(501a) A Systems Engineering Approach to the Optimal Measurement Network Design in Coal-Fired Power Plants By Incorporating Market Elasticity

Making optimal investment decision in the measurement network especially for retrofitting existing plant is a complicated problem in general. One such problem is in the investment of corrosion rate sensors in the waterwall (WW) of coal-fired boilers. Due to increasing cycling operation of the coal-fired power plants, the WW section is facing increasing failure where one of the leading causes is the sulfidic corrosion ^[1]. Recently a novel type of electrochemical sensors is being developed for in-situ monitoring of the corrosion rate ^[2]. However, the corrosion rate varies significantly with the location and with the dynamics of temperature and concentration of sulfur species. Since it is not feasible to install these electrochemical sensors at all possible locations inside the WW due to cost, technical feasibility and extremely harsh operating conditions, an optimal sensor network needs to be designed by taking into account the conflicting and complicated impacts of the corrosion monitoring framework. While large number of sensors can help to achieve high spatial resolution with higher accuracy, they cost money. However, a satisfactory estimate of the thinning of the tubes due to corrosion can help to reduce the forced outages of these plants due to WW failure thereby reducing the operations & maintenance (O&M) cost. Improved monitoring also increases the plant availability increasing the plant profit. On the other hand, the improved availability can reduce the price of electricity due to similar improvements in other plants. In addition, the demand of electricity from the coal-fired power plant is also expected to change over the years. Thus, making the optimal investment decision is a complicated optimization problem. A systems engineering approach is developed in this work for estimating the optimal investment in the monitoring framework.
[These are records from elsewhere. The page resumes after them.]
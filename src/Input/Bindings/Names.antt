-- ===== src/Input/Bindings/Names.antt =====
-- Which entries of an InputPoller of internal/input_poller.cpp a name has, and how that goes with a change of
-- the list.
use detour_mod_kit.Base.{
  ◌≡◌, inl, inr, refl, sym, ap, ◌∙◌, true, false, List, [], ◌∷◌, ◌++◌, Bool-cases, arith,
}
use detour_mod_kit.Text.{Text, text_eq, text_eq_refl, eq_of_text_eq}
use detour_mod_kit.Input.{Entry}
use detour_mod_kit.Input.Bindings.{
  KeyCombo, named, with_name, without_name, rewrite_combos, fresh_entries, appended,
}

named_apart :
    (name other : Text) (e : Entry)
    → text_eq name other ≡ false
    → named name e ≡ true
    → named other e ≡ false
unfolding named
named_apart name other e d h = elim (Bool-cases (named other e)) [
  | inl q ↦
      let a : text_eq e.binding.name name ≡ true = ground arith in
      let b : text_eq e.binding.name other ≡ true = ground arith in
      let same : name ≡ other =
        sym (eq_of_text_eq e.binding.name name a) ∙ eq_of_text_eq e.binding.name other b in
      let t : text_eq name other ≡ true = rw same (text_eq_refl other) in ground arith
  | inr q ↦ q
]

pub with_name-append :
    (name : Text) (es ds : List Entry)
    → with_name name (es ++ ds) ≡ with_name name es ++ with_name name ds
unfolding with_name
with_name-append name [] ds = refl
with_name-append name (e ∷ es) ds =
    let h = with_name-append name es ds in
    elim (Bool-cases (named name e)) [ inl q ↦ rw q (ap (λ r. e ∷ r) h) | inr q ↦ rw q h ]

pub with_name-without_name :
    (name : Text) (es : List Entry) → with_name name (without_name name es) ≡ []
unfolding with_name without_name
with_name-without_name name [] = refl
with_name-without_name name (e ∷ es) =
    let h = with_name-without_name name es in
    elim (Bool-cases (named name e)) [ inl q ↦ rw q h | inr q ↦ rw (q, q) h ]

-- The first entry of a name has the name.
pub found-named :
    (name : Text) (es : List Entry) (first : Entry) (more : List Entry)
    → with_name name es ≡ first ∷ more
    → named name first ≡ true
unfolding with_name
found-named name [] first more h = ground arith
found-named name (e ∷ es) first more h = elim (Bool-cases (named name e)) [
  | inl q ↦
      let g : e ∷ with_name name es ≡ first ∷ more = rw q at h in
      let same : e ≡ first = ground arith in rw⁻¹ same q
  | inr q ↦ found-named name es first more (rw q at h)
]

module _ (other : Text) where
  pub rewrite_combos-other :
      (name : Text) (combos : List KeyCombo) (es : List Entry)
      → text_eq name other ≡ false
      → with_name other (rewrite_combos name combos es) ≡ with_name other es
  unfolding with_name rewrite_combos named
  rewrite_combos-other name combos [] d = refl
  rewrite_combos-other name [] (e ∷ es) d = refl
  rewrite_combos-other name (c ∷ cs) (e ∷ es) d =
      let here = rewrite_combos-other name cs es d in
      let later = rewrite_combos-other name (c ∷ cs) es d in
      elim (Bool-cases (named name e)) [
        | inl q ↦ let n = named_apart name other e d q in rw (q, n) here
        | inr q ↦ rw (q, later) refl
      ]

  pub without_name-other :
      (name : Text) (es : List Entry)
      → text_eq name other ≡ false
      → with_name other (without_name name es) ≡ with_name other es
  unfolding with_name without_name
  without_name-other name [] d = refl
  without_name-other name (e ∷ es) d =
      let h = without_name-other name es d in
      elim (Bool-cases (named name e)) [
        | inl q ↦ rw (q, named_apart name other e d q) h
        | inr q ↦ rw (q, h) refl
      ]

module _ (name : Text) (e : Entry) (h : named name e ≡ true) where
  fresh_entries-named :
      (cs : List KeyCombo)
      → with_name name (fresh_entries e.binding cs) ≡ fresh_entries e.binding cs
  unfolding with_name fresh_entries named
  fresh_entries-named [] = refl
  fresh_entries-named (c ∷ cs) = let r = fresh_entries-named cs in rw (h, r) refl

  pub appended-named :
      (cs : List KeyCombo) → with_name name (appended e.binding cs) ≡ appended e.binding cs
  unfolding with_name named
  appended-named [] = rw h refl
  appended-named (c ∷ cs) = fresh_entries-named (c ∷ cs)

  fresh_entries-other :
      (other : Text) (cs : List KeyCombo)
      → text_eq name other ≡ false
      → with_name other (fresh_entries e.binding cs) ≡ []
  unfolding with_name fresh_entries named
  fresh_entries-other other [] d = refl
  fresh_entries-other other (c ∷ cs) d =
      let n = named_apart name other e d h in rw n (fresh_entries-other other cs d)

  pub appended-other :
      (other : Text) (cs : List KeyCombo)
      → text_eq name other ≡ false
      → with_name other (appended e.binding cs) ≡ []
  unfolding with_name named
  appended-other other [] d = let n = named_apart name other e d h in rw n refl
  appended-other other (c ∷ cs) d = fresh_entries-other other (c ∷ cs) d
In the open literature, optimal sensor networks have been designed for various objectives such as maximizing process information, maximizing reliability, minimizing error covariance and so on subject to some constraints such as the number and cost of sensors ^[3-5]. There is hardly any work on sensor network design where the economic impact of the sensor network by considering the market elasticity has been considered as the design objective.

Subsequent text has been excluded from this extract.